3 (a) is a diagram showing an example of supplying sludge to the input point B of FIG. 2 via a conduit, and FIG. 3 (b) is a diagram of supplying sludge to the input point E of FIG. 2 via a conduit. It is a figure which shows the example at the time of doing.

4A is a view showing a position of a loading point D in FIG. 2 on a cross section of the housing, and FIG. 4B is a loading point D.
It is a figure which shows the modification of.
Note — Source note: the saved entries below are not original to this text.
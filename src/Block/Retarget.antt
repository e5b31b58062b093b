-- ===== src/Block/Retarget.antt =====
-- `get_vdf_iterations` of src/block.py: how much sequential work the next block needs.
pub mod Median
pub mod Ratchet
use lapsecoin.Prelude.{
  ℕ, zero, suc, ◌+◌, ◌-◌, ◌*◌, ◌/◌, ◌%◌, ◌≤◌, ◌<◌, ◌≡◌, refl, Bool, true, false, ◌&&◌, Option, none,
  some, List, [], ◌∷◌, arith, ltb, leb, ◌==◌, if◌then◌else◌, length, get_elem?,
}
use lapsecoin.Prelude.Int.{ℤ, pos, ◌+ℤ◌, ◌-ℤ◌, leb_ℤ, ltb_ℤ}
use lapsecoin.Prelude.Result.{Result, ok, raised, index_error, ◌>>=◌, >>=-eq-ok}
use lapsecoin.Params.{
  vdf_iterations, vdf_adjust_interval, vdf_adjust_min_seconds, vdf_adjust_numerator,
  vdf_adjust_denominator,
}
use lapsecoin.Block.{Block, or_missing}

-- `chain[h]`
abbrev pub or_index_error : Option Block → Result Block
or_index_error none = raised index_error
or_index_error (some b) = ok b

unfoldable pub block_at : List Block → ℕ → Result Block
block_at chain h = or_index_error (get_elem? chain h)

-- `chain[h]["timestamp"]`
unfoldable pub time_at : List Block → ℕ → Result ℤ
time_at chain h = do b ← block_at chain h; or_missing b.timestamp

-- `blk.get("vdf_iterations", VDF_ITERATIONS)`
abbrev pub iterations_or : ℕ → Option ℕ → ℕ
iterations_or d none = d
iterations_or d (some n) = n

-- `[chain[h]["timestamp"] - chain[h - 1]["timestamp"] for h in range(h, h + n)]`, for 0 < h
unfoldable pub deltas : ℕ → List Block → ℕ → Result (List ℤ)
unfolding time_at
deltas zero chain h = ok []
deltas (suc n) chain h = do
  now ← time_at chain h
  before ← time_at chain (h - 1)
  rest ← deltas n chain (h + 1)
  ok ((now -ℤ before) ∷ rest)

-- `statistics.median` sorts, and takes the middle value or the mean of the middle two.
unfoldable pub insert_sorted : ℤ → List ℤ → List ℤ
insert_sorted x [] = x ∷ []
insert_sorted x (y ∷ ys) = if leb_ℤ x y then x ∷ y ∷ ys else y ∷ insert_sorted x ys

unfoldable pub sorted : List ℤ → List ℤ
unfolding insert_sorted
sorted [] = []
sorted (x ∷ xs) = insert_sorted x (sorted xs)

-- Is the middle below the limit? A mean of two is below when their sum is below twice the limit.
middle_below : Bool → Option ℤ → Option ℤ → ℤ → Bool
middle_below true _ (some hi) limit = ltb_ℤ hi limit
middle_below false (some lo) (some hi) limit = ltb_ℤ (lo +ℤ hi) (limit +ℤ limit)
middle_below _ _ _ limit = false

unfoldable pub median_below : List ℤ → ℤ → Bool
unfolding sorted middle_below
median_below l limit =
    let n = length l in
    let s = sorted l in
    middle_below (n % 2 == 1) (get_elem? s (n / 2 - 1)) (get_elem? s (n / 2)) limit

-- The new count from the old one and the intervals of the window.
unfoldable pub adjust : ℕ → List ℤ → ℕ
unfolding median_below
adjust prior ds =
    if ltb 0 (length ds) && median_below ds (pos vdf_adjust_min_seconds)
    then prior * vdf_adjust_numerator / vdf_adjust_denominator
    else prior

-- `max(window_start, 1)`
abbrev pub window_from : ℕ → ℕ
window_from zero = 1
window_from (suc n) = suc n

unfoldable pub at_boundary : List Block → ℕ → Result ℕ
unfolding block_at deltas adjust
at_boundary chain last_boundary = do
  let window_start = last_boundary - vdf_adjust_interval
  first ← block_at chain window_start
  ds ← deltas (last_boundary - window_from window_start) chain (window_from window_start)
  ok (adjust (iterations_or vdf_iterations first.claimed_iterations) ds)

unfoldable pub between_boundaries : List Block → ℕ → Result ℕ
unfolding block_at
between_boundaries chain last_boundary = do
  b ← block_at chain last_boundary
  ok (iterations_or vdf_iterations b.claimed_iterations)

unfoldable pub get_vdf_iterations : List Block → Result ℕ
unfolding at_boundary between_boundaries
get_vdf_iterations chain =
    let next_height = length chain in
    let last_boundary = next_height / vdf_adjust_interval * vdf_adjust_interval in
    if ltb next_height vdf_adjust_interval
    then ok vdf_iterations
    else if ltb last_boundary next_height
    then between_boundaries chain last_boundary
    else at_boundary chain last_boundary

median_runs :
    (median_below (pos 5 ∷ pos 1 ∷ pos 9 ∷ []) (pos 5) ≡ false)
    × (median_below (pos 5 ∷ pos 1 ∷ pos 9 ∷ []) (pos 6) ≡ true)
    × (median_below (pos 4 ∷ pos 1 ∷ pos 9 ∷ pos 5 ∷ []) (pos 5) ≡ true)
unfolding median_below ◌+ℤ◌
median_runs = (refl, refl, refl)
[Explanation of symbols] A to E Sludge input points K sludge 6 preheater 7 Rotary kiln 7a Kiln buttocks 20 housing 21 bend 30 Cyclone material chute at the bottom 31 Second material cyclone from the bottom 32 riser duct 33 Cyclone at the bottom 34 Second cyclone from the bottom

Claims (5)

[Claims] 1. A method for treating sludge for producing cement clinker by introducing sludge into a cement calcination step, wherein the sludge input point is the second cyclone raw material chute from the bottom of the preheater in the cement calcination step as a riser duct. The sludge treatment method is characterized in that it is set in a range from a position below that to the inside of the kiln bottom of the rotary kiln including a position where the sludge is joined with. 2. The sludge treatment method according to claim 1, wherein the sludge feeding point is set on the upper surface side of the bent portion of the housing from the lowermost portion of the preheater to the kiln bottom portion of the rotary kiln. 3. The sludge charging point is set on the inclined lower surface side of the bent portion of the housing from the lowermost portion of the preheater to the kiln bottom portion of the rotary kiln, or in the middle of the raw material chute of the lowermost cyclone. The method for treating sludge according to claim 1. 4. The sludge charging point is set inside the kiln bottom of the rotary kiln, and sludge is passed up to the charging point through a conduit attached to a housing between the bottom of the preheater and the kiln bottom of the rotary kiln. The sludge treatment method according to claim 1, wherein the sludge is guided. 5. The sludge treatment method according to any one of claims 1 to 4, wherein the sludge charging points are provided at a plurality of points in a dispersed manner.